**PROBLEM TO WORK ON:**
Filter the lines below, keeping each one that holds "found".

━━━ EXERCISE DATA

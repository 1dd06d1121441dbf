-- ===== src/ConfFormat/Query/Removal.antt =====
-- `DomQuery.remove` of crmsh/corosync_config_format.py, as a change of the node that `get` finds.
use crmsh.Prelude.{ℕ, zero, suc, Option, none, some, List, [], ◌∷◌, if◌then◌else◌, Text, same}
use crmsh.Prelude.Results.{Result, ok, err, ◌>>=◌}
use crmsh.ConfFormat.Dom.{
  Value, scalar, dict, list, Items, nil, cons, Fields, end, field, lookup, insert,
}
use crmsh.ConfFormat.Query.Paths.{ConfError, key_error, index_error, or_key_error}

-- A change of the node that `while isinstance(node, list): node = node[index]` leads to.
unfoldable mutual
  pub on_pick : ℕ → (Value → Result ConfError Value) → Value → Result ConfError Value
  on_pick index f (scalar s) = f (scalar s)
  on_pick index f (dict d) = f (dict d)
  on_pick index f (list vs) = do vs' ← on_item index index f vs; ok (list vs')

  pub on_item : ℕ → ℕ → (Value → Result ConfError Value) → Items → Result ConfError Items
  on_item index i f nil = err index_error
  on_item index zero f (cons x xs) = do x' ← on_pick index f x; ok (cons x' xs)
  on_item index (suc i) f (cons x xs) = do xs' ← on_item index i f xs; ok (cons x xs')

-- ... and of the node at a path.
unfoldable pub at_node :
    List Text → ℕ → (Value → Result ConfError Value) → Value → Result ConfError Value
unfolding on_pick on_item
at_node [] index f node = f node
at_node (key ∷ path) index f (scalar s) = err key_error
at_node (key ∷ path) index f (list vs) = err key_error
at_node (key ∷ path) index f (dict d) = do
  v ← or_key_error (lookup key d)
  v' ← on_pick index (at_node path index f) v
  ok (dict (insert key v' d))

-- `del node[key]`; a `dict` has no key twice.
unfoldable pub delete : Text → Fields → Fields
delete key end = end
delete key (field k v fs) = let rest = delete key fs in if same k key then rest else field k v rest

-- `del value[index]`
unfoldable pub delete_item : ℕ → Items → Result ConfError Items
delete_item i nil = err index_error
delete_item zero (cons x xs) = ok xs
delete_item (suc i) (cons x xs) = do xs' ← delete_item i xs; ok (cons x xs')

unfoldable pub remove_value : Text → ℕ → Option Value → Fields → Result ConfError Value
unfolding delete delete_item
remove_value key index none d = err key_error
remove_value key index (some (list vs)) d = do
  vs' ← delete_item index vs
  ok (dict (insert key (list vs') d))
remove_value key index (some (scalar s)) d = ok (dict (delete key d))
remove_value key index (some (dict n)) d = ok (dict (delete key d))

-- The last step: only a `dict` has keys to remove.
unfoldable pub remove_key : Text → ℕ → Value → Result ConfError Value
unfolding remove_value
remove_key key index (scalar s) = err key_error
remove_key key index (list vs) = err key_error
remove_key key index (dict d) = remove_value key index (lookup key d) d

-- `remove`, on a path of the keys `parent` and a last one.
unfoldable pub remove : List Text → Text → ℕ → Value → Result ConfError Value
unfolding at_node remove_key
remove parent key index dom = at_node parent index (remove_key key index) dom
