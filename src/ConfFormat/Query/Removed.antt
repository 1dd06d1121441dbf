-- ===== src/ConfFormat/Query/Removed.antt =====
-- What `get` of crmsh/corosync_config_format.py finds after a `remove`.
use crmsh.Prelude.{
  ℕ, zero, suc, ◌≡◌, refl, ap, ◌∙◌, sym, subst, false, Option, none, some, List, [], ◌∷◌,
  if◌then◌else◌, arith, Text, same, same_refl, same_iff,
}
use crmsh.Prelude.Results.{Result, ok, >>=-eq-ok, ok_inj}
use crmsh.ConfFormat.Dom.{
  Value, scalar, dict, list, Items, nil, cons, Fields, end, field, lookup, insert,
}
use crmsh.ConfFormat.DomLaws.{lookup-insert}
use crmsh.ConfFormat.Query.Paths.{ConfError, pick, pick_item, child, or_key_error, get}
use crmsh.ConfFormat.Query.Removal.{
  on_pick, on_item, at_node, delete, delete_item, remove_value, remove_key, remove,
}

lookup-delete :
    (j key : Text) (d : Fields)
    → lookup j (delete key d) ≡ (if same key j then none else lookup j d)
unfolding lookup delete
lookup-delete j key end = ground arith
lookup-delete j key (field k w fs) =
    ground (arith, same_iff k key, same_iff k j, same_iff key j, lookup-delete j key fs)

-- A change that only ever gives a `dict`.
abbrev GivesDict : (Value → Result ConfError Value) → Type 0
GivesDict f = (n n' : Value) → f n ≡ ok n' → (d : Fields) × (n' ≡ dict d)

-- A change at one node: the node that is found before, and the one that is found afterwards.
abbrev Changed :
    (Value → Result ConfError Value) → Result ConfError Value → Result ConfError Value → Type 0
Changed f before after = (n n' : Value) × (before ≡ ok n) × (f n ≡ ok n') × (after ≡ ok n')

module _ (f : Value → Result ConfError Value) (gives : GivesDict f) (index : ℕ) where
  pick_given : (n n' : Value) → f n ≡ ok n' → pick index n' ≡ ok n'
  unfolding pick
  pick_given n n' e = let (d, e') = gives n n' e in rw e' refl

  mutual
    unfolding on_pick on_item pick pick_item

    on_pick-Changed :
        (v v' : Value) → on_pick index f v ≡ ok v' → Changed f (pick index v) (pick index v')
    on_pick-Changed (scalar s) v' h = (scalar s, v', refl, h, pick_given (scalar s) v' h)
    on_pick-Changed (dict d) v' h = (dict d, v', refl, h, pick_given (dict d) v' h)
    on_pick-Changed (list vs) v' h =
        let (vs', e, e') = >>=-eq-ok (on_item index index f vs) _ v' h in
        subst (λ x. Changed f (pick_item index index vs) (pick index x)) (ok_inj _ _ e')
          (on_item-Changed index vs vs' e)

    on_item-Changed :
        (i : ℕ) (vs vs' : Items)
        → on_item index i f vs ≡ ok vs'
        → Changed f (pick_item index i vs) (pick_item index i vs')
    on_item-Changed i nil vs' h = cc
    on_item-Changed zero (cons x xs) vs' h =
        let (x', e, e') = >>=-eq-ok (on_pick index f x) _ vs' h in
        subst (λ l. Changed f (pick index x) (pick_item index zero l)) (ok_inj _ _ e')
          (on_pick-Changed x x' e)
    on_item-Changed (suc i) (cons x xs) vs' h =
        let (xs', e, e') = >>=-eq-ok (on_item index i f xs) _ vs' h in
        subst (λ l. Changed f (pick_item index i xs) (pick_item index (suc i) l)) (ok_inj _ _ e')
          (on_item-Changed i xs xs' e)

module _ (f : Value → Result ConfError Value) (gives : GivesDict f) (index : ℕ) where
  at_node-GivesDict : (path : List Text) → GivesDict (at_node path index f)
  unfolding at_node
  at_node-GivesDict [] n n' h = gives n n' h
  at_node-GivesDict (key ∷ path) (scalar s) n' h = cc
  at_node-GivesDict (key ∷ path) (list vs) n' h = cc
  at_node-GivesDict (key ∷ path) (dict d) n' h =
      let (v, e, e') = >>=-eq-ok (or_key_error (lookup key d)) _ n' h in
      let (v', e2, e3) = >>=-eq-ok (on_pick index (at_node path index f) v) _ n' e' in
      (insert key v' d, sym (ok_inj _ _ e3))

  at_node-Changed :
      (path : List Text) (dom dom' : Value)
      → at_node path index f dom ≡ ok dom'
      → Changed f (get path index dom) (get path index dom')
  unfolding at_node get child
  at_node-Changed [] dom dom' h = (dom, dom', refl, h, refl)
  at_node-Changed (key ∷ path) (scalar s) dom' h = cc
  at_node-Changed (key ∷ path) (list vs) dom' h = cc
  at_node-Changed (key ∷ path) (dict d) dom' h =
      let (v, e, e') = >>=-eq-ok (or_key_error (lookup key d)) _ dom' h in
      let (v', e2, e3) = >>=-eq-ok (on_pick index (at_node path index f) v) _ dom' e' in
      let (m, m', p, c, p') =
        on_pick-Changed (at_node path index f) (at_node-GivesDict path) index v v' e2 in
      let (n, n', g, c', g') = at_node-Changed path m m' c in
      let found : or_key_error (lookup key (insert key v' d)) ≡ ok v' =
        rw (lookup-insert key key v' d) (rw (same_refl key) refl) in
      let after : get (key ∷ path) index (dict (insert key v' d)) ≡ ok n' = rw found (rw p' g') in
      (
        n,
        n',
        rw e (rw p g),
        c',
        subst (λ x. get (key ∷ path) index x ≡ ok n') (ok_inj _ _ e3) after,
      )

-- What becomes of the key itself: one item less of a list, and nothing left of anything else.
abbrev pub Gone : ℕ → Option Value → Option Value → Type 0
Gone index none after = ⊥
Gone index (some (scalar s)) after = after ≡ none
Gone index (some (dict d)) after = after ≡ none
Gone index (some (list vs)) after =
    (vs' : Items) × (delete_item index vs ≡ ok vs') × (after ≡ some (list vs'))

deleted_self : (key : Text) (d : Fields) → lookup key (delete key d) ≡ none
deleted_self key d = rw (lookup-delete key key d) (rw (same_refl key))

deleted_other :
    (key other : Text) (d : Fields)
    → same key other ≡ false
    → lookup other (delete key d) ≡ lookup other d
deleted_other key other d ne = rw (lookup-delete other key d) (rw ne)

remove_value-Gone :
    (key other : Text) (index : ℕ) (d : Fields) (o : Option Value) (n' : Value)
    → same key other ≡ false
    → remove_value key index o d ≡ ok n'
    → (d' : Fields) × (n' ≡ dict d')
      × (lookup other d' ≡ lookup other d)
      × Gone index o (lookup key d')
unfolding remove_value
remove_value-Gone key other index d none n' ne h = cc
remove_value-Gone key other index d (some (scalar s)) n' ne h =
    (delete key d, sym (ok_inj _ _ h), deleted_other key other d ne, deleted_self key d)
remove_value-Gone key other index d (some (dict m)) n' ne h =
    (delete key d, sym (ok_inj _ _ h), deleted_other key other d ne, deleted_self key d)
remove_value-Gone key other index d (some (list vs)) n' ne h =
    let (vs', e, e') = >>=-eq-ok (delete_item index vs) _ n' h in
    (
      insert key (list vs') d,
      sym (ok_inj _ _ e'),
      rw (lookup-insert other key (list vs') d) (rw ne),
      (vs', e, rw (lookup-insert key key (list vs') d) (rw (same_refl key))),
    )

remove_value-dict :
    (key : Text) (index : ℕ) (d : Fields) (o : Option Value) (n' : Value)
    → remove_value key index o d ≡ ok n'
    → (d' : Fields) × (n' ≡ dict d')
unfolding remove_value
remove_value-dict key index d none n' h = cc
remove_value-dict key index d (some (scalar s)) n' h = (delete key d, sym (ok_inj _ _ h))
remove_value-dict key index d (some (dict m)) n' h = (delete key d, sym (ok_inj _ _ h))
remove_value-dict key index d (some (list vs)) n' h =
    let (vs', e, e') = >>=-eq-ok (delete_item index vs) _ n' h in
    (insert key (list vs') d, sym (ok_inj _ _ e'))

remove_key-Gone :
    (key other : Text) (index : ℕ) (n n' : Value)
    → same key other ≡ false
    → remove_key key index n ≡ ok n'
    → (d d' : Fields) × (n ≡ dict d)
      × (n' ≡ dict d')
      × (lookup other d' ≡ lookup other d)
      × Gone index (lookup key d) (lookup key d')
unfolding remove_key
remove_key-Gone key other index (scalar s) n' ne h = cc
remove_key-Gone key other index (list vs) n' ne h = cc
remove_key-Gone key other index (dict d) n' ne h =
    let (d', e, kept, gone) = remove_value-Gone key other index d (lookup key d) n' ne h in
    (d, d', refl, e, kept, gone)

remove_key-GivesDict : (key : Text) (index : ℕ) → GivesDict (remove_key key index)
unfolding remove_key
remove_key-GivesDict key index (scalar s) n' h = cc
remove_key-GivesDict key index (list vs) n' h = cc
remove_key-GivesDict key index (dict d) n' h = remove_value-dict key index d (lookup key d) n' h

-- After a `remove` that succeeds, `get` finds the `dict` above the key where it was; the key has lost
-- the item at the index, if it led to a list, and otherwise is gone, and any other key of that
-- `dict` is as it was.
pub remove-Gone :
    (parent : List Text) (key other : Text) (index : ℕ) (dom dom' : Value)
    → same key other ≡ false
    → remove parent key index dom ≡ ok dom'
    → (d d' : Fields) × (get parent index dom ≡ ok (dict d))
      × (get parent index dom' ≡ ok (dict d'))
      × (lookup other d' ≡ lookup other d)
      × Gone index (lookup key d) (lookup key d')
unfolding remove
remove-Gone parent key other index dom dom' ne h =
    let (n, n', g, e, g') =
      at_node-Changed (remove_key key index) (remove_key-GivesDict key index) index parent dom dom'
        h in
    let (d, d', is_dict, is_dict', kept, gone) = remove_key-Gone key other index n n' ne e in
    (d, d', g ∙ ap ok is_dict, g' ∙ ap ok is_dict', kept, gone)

━━━━━━

**EXPECTED ANSWER:**
-- A change at one node: the node that is found before, and the one that is found afterwards.
      let found : or_key_error (lookup key (insert key v' d)) ≡ ok v' =
      let after : get (key ∷ path) index (dict (insert key v' d)) ≡ ok n' = rw found (rw p' g') in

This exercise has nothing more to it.